DATA

-- ===== src/Files/Crypto.antt =====
-- Salts, password hashes, the XOR cipher and hexadecimal text of task3_filesystem_security/crypto.c.
pub mod Xor
use Prim.Native.Nat.{bit_xor}
use samuel_basnet_240512_st.Prelude.{
  ℕ, zero, suc, ◌+◌, ◌-◌, ◌*◌, ◌/◌, ◌%◌, Bytes, List, [], ◌∷◌, ◌++◌, get_or, ltb, if◌then◌else◌,
  map,
}
use samuel_basnet_240512_st.Files.Sha.{sha256}

abbrev pub hash_len : ℕ
hash_len = 32

abbrev pub salt_len : ℕ
salt_len = 16

-- The list is what the calls of `rand` return, one for each byte of the salt.
unfoldable pub generate_salt : List ℕ → Bytes
generate_salt rands = map (λ r. r % 256) rands

unfoldable pub hash_password : Bytes → Bytes → Bytes
hash_password password salt = sha256 (salt ++ password)

-- `buffer[i] ^= key[i % HASH_LEN]` from index `i` on.
unfoldable pub xor_from : Bytes → ℕ → Bytes → Bytes
xor_from key i [] = []
xor_from key i (b ∷ buffer) = bit_xor b (get_or key (i % hash_len) 0) ∷ xor_from key (i + 1) buffer

unfoldable pub xor_cipher : Bytes → Bytes → Bytes
xor_cipher buffer passphrase = xor_from (sha256 passphrase) 0 buffer

-- A digit of `%02x`.
unfoldable pub hex_digit : ℕ → ℕ
hex_digit n = if ltb n 10 then 48 + n else 87 + n

unfoldable pub bytes_to_hex : Bytes → Bytes
unfolding hex_digit
bytes_to_hex [] = []
bytes_to_hex (b ∷ bytes) = hex_digit (b / 16) ∷ hex_digit (b % 16) ∷ bytes_to_hex bytes
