-- ===== src/Files/Auth.antt =====
-- task3_filesystem_security/auth.c: registration and login.
pub mod Login
use samuel_basnet_240512_st.Prelude.{
  ℕ, ◌+◌, ◌-◌, Bytes, codes, Bool, true, false, not, ◌&&◌, ◌||◌, Option, none, some, List, [], ◌∷◌,
  ◌++◌, ltb, leb, ◌==◌, if◌then◌else◌, length, take, str_eq, strn_eq,
}
use samuel_basnet_240512_st.Files.Disk.{max_username, max_password, max_group, User, Disk, Io}
use samuel_basnet_240512_st.Files.Audit.{log_action}
use samuel_basnet_240512_st.Files.Crypto.{generate_salt, hash_password}

unfoldable pub find_in : Bytes → List User → Option User
find_in username [] = none
find_in username (u ∷ us) =
    if strn_eq max_username u.username username then some u else find_in username us

unfoldable pub find_user : Io → Bytes → Disk → Option User
find_user io username d = if io.users_read then find_in username d.users else none

abbrev pub invalid_input : Bytes → Bytes → Bytes → Bool
invalid_input username password group =
    length username == 0
    || leb max_username (length username)
    || length password == 0
    || leb max_password (length password)
    || leb max_group (length group)

abbrev pub new_user : Bytes → Bytes → Bytes → Bytes → User
new_user username password group salt = record {
  username = take (max_username - 1) username;
  group = take (max_group - 1) group;
  salt = salt;
  hash = hash_password password salt;
}

abbrev pub register_new : Io → User → Bytes → Disk → Option User → Bool × Disk
register_new io u username d (some taken) =
    (false, log_action io username (codes "REGISTER") username (codes "FAILED_ALREADY_EXISTS") d)
register_new io u username d none =
    if io.users_append
    then (
      true,
      log_action io username (codes "REGISTER") username (codes "SUCCESS")
          (record d { users = d.users ++ u ∷ [] }),
    )
    else (false, log_action io username (codes "REGISTER") username (codes "FAILED_IO_ERROR") d)

-- `rands` is what the 16 calls of `rand` for the salt return.
unfoldable pub register_user : Io → List ℕ → Bytes → Bytes → Bytes → Disk → Bool × Disk
register_user io rands username password group d =
    if invalid_input username password group
    then (
      false,
      log_action io username (codes "REGISTER") username (codes "FAILED_INVALID_INPUT") d,
    )
    else register_new io (new_user username password group (generate_salt rands)) username d
        (find_user io username d)

abbrev pub login_found : Io → Bytes → Bytes → Disk → Option User → Option User × Disk
login_found io username password d none =
    (none, log_action io username (codes "LOGIN") username (codes "FAILED_UNKNOWN_USER") d)
login_found io username password d (some u) =
    if str_eq (hash_password password u.salt) u.hash
    then (some u, log_action io username (codes "LOGIN") username (codes "SUCCESS") d)
    else (none, log_action io username (codes "LOGIN") username (codes "FAILED_WRONG_PASSWORD") d)

-- `some` is the return of 1 with the record in `out_user`. `memcmp` compares the 32 bytes of two
-- hashes.
unfoldable pub login_user : Io → Bytes → Bytes → Disk → Option User × Disk
login_user io username password d = login_found io username password d (find_user io username d)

ABOUT THIS TASK
In the material above, find the line containing "hash_password password salt = sha256" and the line containing "hex_digit n = if", then write out exactly those two lines and every line between them, and nothing more.

WRITTEN RESPONSE
hash_password password salt = sha256 (salt ++ password)

-- `buffer[i] ^= key[i % HASH_LEN]` from index `i` on.
unfoldable pub xor_from : Bytes → ℕ → Bytes → Bytes
xor_from key i [] = []
xor_from key i (b ∷ buffer) = bit_xor b (get_or key (i % hash_len) 0) ∷ xor_from key (i + 1) buffer

unfoldable pub xor_cipher : Bytes → Bytes → Bytes
xor_cipher buffer passphrase = xor_from (sha256 passphrase) 0 buffer

-- A digit of `%02x`.
unfoldable pub hex_digit : ℕ → ℕ
hex_digit n = if ltb n 10 then 48 + n else 87 + n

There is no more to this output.